**Supplied entries:**
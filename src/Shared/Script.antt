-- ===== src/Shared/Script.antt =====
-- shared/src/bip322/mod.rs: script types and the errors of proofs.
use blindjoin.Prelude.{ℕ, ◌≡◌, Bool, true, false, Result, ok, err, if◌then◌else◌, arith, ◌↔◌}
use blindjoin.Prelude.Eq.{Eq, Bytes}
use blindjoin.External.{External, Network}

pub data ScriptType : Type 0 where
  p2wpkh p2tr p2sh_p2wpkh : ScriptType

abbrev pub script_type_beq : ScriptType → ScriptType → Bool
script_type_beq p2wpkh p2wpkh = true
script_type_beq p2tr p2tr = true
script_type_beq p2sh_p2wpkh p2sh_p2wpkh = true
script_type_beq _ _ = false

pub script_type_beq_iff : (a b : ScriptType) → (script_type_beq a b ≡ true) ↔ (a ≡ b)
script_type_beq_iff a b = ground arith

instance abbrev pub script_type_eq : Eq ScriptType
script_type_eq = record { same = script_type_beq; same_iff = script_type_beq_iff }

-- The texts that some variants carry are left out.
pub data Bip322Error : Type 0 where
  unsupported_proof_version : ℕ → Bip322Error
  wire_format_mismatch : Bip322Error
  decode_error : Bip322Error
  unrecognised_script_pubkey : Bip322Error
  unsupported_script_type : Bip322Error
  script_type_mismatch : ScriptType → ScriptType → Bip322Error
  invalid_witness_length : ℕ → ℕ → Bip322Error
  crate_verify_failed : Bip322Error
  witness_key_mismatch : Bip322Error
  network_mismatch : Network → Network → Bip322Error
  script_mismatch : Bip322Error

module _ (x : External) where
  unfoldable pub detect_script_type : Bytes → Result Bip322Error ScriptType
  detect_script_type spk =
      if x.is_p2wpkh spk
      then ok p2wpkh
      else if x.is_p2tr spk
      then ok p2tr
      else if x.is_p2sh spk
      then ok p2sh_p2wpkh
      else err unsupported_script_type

**Required action:** Each of the records shown above needs to be repeated exactly.

**Response for this exercise:**
filename src/Shared/Script.antt
-- ===== src/Shared/Script.antt =====
-- shared/src/bip322/mod.rs: script types and the errors of proofs.
use blindjoin.Prelude.{ℕ, ◌≡◌, Bool, true, false, Result, ok, err, if◌then◌else◌, arith, ◌↔◌}
use blindjoin.Prelude.Eq.{Eq, Bytes}
use blindjoin.External.{External, Network}

pub data ScriptType : Type 0 where
  p2wpkh p2tr p2sh_p2wpkh : ScriptType

abbrev pub script_type_beq : ScriptType → ScriptType → Bool
script_type_beq p2wpkh p2wpkh = true
script_type_beq p2tr p2tr = true
script_type_beq p2sh_p2wpkh p2sh_p2wpkh = true
script_type_beq _ _ = false

pub script_type_beq_iff : (a b : ScriptType) → (script_type_beq a b ≡ true) ↔ (a ≡ b)
script_type_beq_iff a b = ground arith

instance abbrev pub script_type_eq : Eq ScriptType
script_type_eq = record { same = script_type_beq; same_iff = script_type_beq_iff }

-- The texts that some variants carry are left out.
pub data Bip322Error : Type 0 where
  unsupported_proof_version : ℕ → Bip322Error
  wire_format_mismatch : Bip322Error
  decode_error : Bip322Error
  unrecognised_script_pubkey : Bip322Error
  unsupported_script_type : Bip322Error
  script_type_mismatch : ScriptType → ScriptType → Bip322Error
  invalid_witness_length : ℕ → ℕ → Bip322Error
  crate_verify_failed : Bip322Error
  witness_key_mismatch : Bip322Error
  network_mismatch : Network → Network → Bip322Error
  script_mismatch : Bip322Error

module _ (x : External) where
  unfoldable pub detect_script_type : Bytes → Result Bip322Error ScriptType
  detect_script_type spk =
      if x.is_p2wpkh spk
      then ok p2wpkh
      else if x.is_p2tr spk
      then ok p2tr
      else if x.is_p2sh spk
      then ok p2sh_p2wpkh
      else err unsupported_script_type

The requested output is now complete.